I did that when I separated him from him. I was as cold and callous as I could be. He became a hurt little boy, which tugged at my heart strings so badly. It was like a complte role revearsal. He cried. He begged. I held out. However, my heart was still there even though I would not let him see it. I told him to leave me alone. I told him there was no chance for us to reconcile. He refused to leave me alone. He followed me. He would drive by the house I was staying at in the wee hours of the morning just to see if I was home. My family suggested I get a restraining order at the time, but I felt that was overdramatic and possible going too far. I mean he was not threatening my physical well-being. I pushed him away for ten months as I treated him so matter-of-factly. Now, he throws all of this in my face. He constantly reminds me that I treated him so horribly while we were separated. He tells me that I was mean to him and that I did and said things he never thought I would. It has all backfired in my face.

For instance, our friend's wife invited me to hang out with them when my husband is out of town on the weekends. I thought it was very nice of them, as I do get very lonely.
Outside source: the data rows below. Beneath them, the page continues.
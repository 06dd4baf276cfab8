-- ===== src/Mapping/MouseLook.antt =====
-- The mouse look of AYLink.Web/src/features/inputMapping/inputMappingRuntime.ts.
use aylink_extra.Prelude.{
  [], ◌∷◌, ◌++◌, Bool, true, false, not, ◌||◌, if◌then◌else◌, Option, none, some, get_or_else,
}
use aylink_extra.Prelude.Int.{pos, negsuc}
use aylink_extra.Prelude.Numbers.{Numbers}
use aylink_extra.Mapping.Schema.{
  NormalizedPoint, MouseLook, InputMappingAction, mouse_look, InputMappingBinding,
}
use aylink_extra.Mapping.Commands.{
  TouchPhase, touch_down, touch_move, touch_up, InputMappingRuntimeResult,
  create_input_mapping_result,
}
use aylink_extra.Mapping.Coordinates.{clamp_normalized_point, add_normalized_points}
use aylink_extra.Mapping.Compiler.{CompiledInputMappingProfile}
use aylink_extra.Mapping.Gestures.{touch_command}
use aylink_extra.Mapping.Runtime.{InputMappingMouseMoveInput, InputMappingRuntime, Commands}
use aylink_extra.Mapping.Matching.{is_mouse_look_active}

module _ (n : Numbers) where
  open n use {Num, int, ratio, plus, minus, times, over, abs, least, greatest, lt}

  abbrev pub nothing_handled : InputMappingRuntimeResult n
  nothing_handled = create_input_mapping_result []

  abbrev pub mouse_look_binding_of :
      Option (CompiledInputMappingProfile n) → Option (InputMappingBinding n)
  mouse_look_binding_of none = none
  mouse_look_binding_of (some compiled) = compiled.mouse_look_binding

  abbrev pub mouse_look_at :
      Bool → NormalizedPoint n → InputMappingRuntime n → InputMappingRuntime n
  mouse_look_at is_down point s = record s {
    mouse_look_state = record { is_down = is_down; point = point };
  }

  unfoldable pub release_mouse_look :
      TouchPhase → InputMappingRuntime n → InputMappingRuntime n × Commands n
  release_mouse_look phase s = elim (mouse_look_binding_of s.compiled_profile) [
    | none ↦ (s, [])
    | some binding ↦ if not s.mouse_look_state.is_down then (s, []) else (
      mouse_look_at false s.mouse_look_state.point s,
      touch_command n phase "mouseLook" s.mouse_look_state.point 0 none ∷ [],
    )
  ]

  abbrev pub is_true : Option Bool → Bool
  is_true none = false
  is_true (some b) = b

  abbrev pub max_step_of : MouseLook n → Num
  max_step_of action = get_or_else action.max_step (ratio 8 100)

  abbrev pub range_x_of : MouseLook n → Num
  range_x_of action = get_or_else action.range_x (max_step_of action)

  abbrev pub range_y_of : MouseLook n → Num
  range_y_of action = get_or_else action.range_y (max_step_of action)

  abbrev pub look_delta : MouseLook n → InputMappingMouseMoveInput n → NormalizedPoint n
  look_delta action input = record {
    x = times (over input.movement_x (int (pos 1000))) action.sensitivity_x;
    y =
        times (times (over input.movement_y (int (pos 1000))) action.sensitivity_y)
          (int (if is_true action.invert_y then negsuc 0 else pos 1));
  }

  abbrev pub limit : Num → Num → Num
  limit range value = least range (greatest (minus (int (pos 0)) range) value)

  unfoldable pub move_mouse_look :
      MouseLook n
      → InputMappingMouseMoveInput n
      → InputMappingRuntime n
      → InputMappingRuntime n × InputMappingRuntimeResult n
  move_mouse_look action input s =
      let touch_start = action.touch_start in
      let from = if s.mouse_look_state.is_down then s.mouse_look_state.point else touch_start in
      let next_point =
        clamp_normalized_point n (add_normalized_points n from (look_delta action input)) in
      let off_x = minus next_point.x touch_start.x in
      let off_y = minus next_point.y touch_start.y in
      let exceeds_range =
        lt (range_x_of action) (abs off_x) || lt (range_y_of action) (abs off_y) in
      let limited_delta : NormalizedPoint n = record {
        x = limit (range_x_of action) off_x;
        y = limit (range_y_of action) off_y;
      } in
      let limited_point =
        clamp_normalized_point n (add_normalized_points n touch_start limited_delta) in
      let started : Commands n =
        if s.mouse_look_state.is_down
        then []
        else touch_command n touch_down "mouseLook" touch_start 1 none ∷ [] in
      if exceeds_range
      then (
        mouse_look_at true touch_start s,
        create_input_mapping_result (
            started
            ++ touch_command n touch_move "mouseLook" limited_point 1 none
              ∷ touch_command n touch_up "mouseLook" limited_point 0 none
              ∷ touch_command n touch_down "mouseLook" touch_start 1 none
              ∷ []),
      )
      else (
        mouse_look_at true next_point s,
        create_input_mapping_result
            (started ++ touch_command n touch_move "mouseLook" next_point 1 none ∷ []),
      )

  abbrev pub look_by :
      InputMappingAction n
      → InputMappingBinding n
      → InputMappingMouseMoveInput n
      → InputMappingRuntime n
      → InputMappingRuntime n × InputMappingRuntimeResult n
  look_by (mouse_look action) binding input s =
      let released = release_mouse_look touch_up s in
      if not (is_mouse_look_active n binding input)
      then (released.0, create_input_mapping_result released.1)
      else move_mouse_look action input s
  look_by _ binding input s = (s, nothing_handled)

  unfoldable pub handle_mouse_look :
      InputMappingMouseMoveInput n
      → InputMappingRuntime n
      → InputMappingRuntime n × InputMappingRuntimeResult n
  handle_mouse_look input s = elim (mouse_look_binding_of s.compiled_profile) [
    | none ↦ (s, nothing_handled)
    | some binding ↦ look_by binding.action binding input s
  ]

  -- `handleMouseMove`, which returns early without a profile.
  unfoldable pub handle_mouse_move :
      InputMappingMouseMoveInput n
      → InputMappingRuntime n
      → InputMappingRuntime n × InputMappingRuntimeResult n
  handle_mouse_move input s = elim s.compiled_profile [
    | none ↦ (s, nothing_handled)
    | some compiled ↦ handle_mouse_look input s
  ]
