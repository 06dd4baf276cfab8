-- ===== src/Mapping/UnitSquare.antt =====
-- Where the points of the touches lie that AYLink.Web/src/features/inputMapping/inputMappingCoordinates.ts
-- and inputMappingRuntime.ts compute.
use aylink_extra.Prelude.{if_keeps, ◌≡◌, true, if◌then◌else◌, inl, inr, Bool-cases}
use aylink_extra.Prelude.Int.{pos}
use aylink_extra.Prelude.Numbers.{Numbers}
use aylink_extra.Mapping.Schema.{NormalizedPoint, MouseLook}
use aylink_extra.Mapping.Coordinates.{
  add_normalized_points, clamp_normalized_value, clamp_normalized_point, normalize_direction,
  resolve_virtual_joystick_point,
}
use aylink_extra.Mapping.Commands.{InputMappingRuntimeResult}
use aylink_extra.Mapping.Runtime.{InputMappingMouseMoveInput, InputMappingRuntime}
use aylink_extra.Mapping.MouseLook.{look_delta, move_mouse_look}

-- What IEEE doubles promise of `Math.max`, `Math.min` and `<=` on finite numbers.
pub record OrderLaws (n : Numbers) : Type 0 where
  pub zero_is_finite : n.is_finite (n.int (pos 0)) ≡ true
  pub one_is_finite : n.is_finite (n.int (pos 1)) ≡ true
  pub least_is_finite :
      (a b : n.Num) → n.is_finite a ≡ true → n.is_finite b ≡ true → n.is_finite (n.least a b) ≡ true
  pub le_greatest :
      (a b : n.Num) → n.is_finite a ≡ true → n.is_finite b ≡ true → n.le a (n.greatest a b) ≡ true
  pub least_le :
      (a b : n.Num) → n.is_finite a ≡ true → n.is_finite b ≡ true → n.le (n.least a b) a ≡ true
  pub greatest_le :
      (a b c : n.Num) → n.le a c ≡ true → n.le b c ≡ true → n.le (n.greatest a b) c ≡ true
  pub zero_le_zero : n.le (n.int (pos 0)) (n.int (pos 0)) ≡ true
  pub zero_le_one : n.le (n.int (pos 0)) (n.int (pos 1)) ≡ true

module _ (n : Numbers) where
  -- From 0 to 1.
  abbrev pub IsUnit : n.Num → Type 0
  IsUnit v = (n.le (n.int (pos 0)) v ≡ true) × (n.le v (n.int (pos 1)) ≡ true)

  abbrev pub InUnitSquare : NormalizedPoint n → Type 0
  InUnitSquare p = IsUnit p.x × IsUnit p.y

module _ (n : Numbers) (laws : OrderLaws n) where
  clamp_normalized_value-IsUnit : (v : n.Num) → IsUnit n (clamp_normalized_value n v)
  unfolding clamp_normalized_value
  clamp_normalized_value-IsUnit v = elim (Bool-cases (n.is_finite v)) [
    | inl finite ↦
        let cut = laws.least_is_finite (n.int (pos 1)) v laws.one_is_finite finite in
        rw finite (
          laws.le_greatest (n.int (pos 0)) (n.least (n.int (pos 1)) v) laws.zero_is_finite cut,
          laws.greatest_le (n.int (pos 0)) (n.least (n.int (pos 1)) v) (n.int (pos 1))
              laws.zero_le_one (laws.least_le (n.int (pos 1)) v laws.one_is_finite finite),
        )
    | inr infinite ↦ rw infinite (laws.zero_le_zero, laws.zero_le_one)
  ]

  clamp_normalized_point-InUnitSquare :
      (p : NormalizedPoint n) → InUnitSquare n (clamp_normalized_point n p)
  unfolding clamp_normalized_point
  clamp_normalized_point-InUnitSquare p =
      (clamp_normalized_value-IsUnit p.x, clamp_normalized_value-IsUnit p.y)

  -- The point of a virtual joystick lies in the unit square, for any centre, radius and direction, under
  -- the laws of finite doubles.
  pub resolve_virtual_joystick_point-InUnitSquare :
      (center : NormalizedPoint n) (radius : n.Num) (direction : NormalizedPoint n)
      → InUnitSquare n (resolve_virtual_joystick_point n center radius direction)
  unfolding resolve_virtual_joystick_point
  resolve_virtual_joystick_point-InUnitSquare center radius direction =
      clamp_normalized_point-InUnitSquare (record {
        x = n.plus center.x (n.times (normalize_direction n direction).x radius);
        y = n.plus center.y (n.times (normalize_direction n direction).y radius);
      })

  -- A movement of the mouse leaves the touch of the mouse look in the unit square, from any state and for
  -- any movement, if it starts there, under the laws of finite doubles.
  pub move_mouse_look-InUnitSquare :
      (action : MouseLook n) (input : InputMappingMouseMoveInput n) (s : InputMappingRuntime n)
      → InUnitSquare n action.touch_start
      → InUnitSquare n (move_mouse_look n action input s).0.mouse_look_state.point
  unfolding move_mouse_look
  move_mouse_look-InUnitSquare action input s start =
      let from =
        if s.mouse_look_state.is_down then s.mouse_look_state.point else action.touch_start in
      if_keeps
        (λ (r : InputMappingRuntime n × InputMappingRuntimeResult n).
          InUnitSquare n r.0.mouse_look_state.point)
        _ _ _ start
        (clamp_normalized_point-InUnitSquare
          (add_normalized_points n from (look_delta n action input)))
Due to the wife's silly behavior while she was drunk last weekend (her wedding day - she jokingly acted as though she was coming on to me), my husband said that while he was not trying to tell me what to do, he was not comfortable with em hanging out with her alone at her house, because she might be bi-sexual. Of course, if my husband is uncomfortable with this, I would never hang out with her alone and told my husband so. However, I also told my husband that I hope he knows that no matter what she is or what she tries, I would never do anything with her. He then told me that while he did not think I would, there are many things I have said and done that he thought I would never say or do. He was referring to the time that we were separated when he asked me if I was seeing anybody. At the time that we were separated, I was dead set on divorcing my husband, so when he asked me this I responded by saying that I was not, but that either way it would not be any of his business and would not tell him if I was. I was trying to get him to leave me alone. I was trying to get him to understand that he did not own me and had no control over me. I was angry at that moment. I would never cheat on my husband, be it with a man or woman. However, he continually insists that I cannot be trusted. This is eating at me and making me feel very hurt and angry.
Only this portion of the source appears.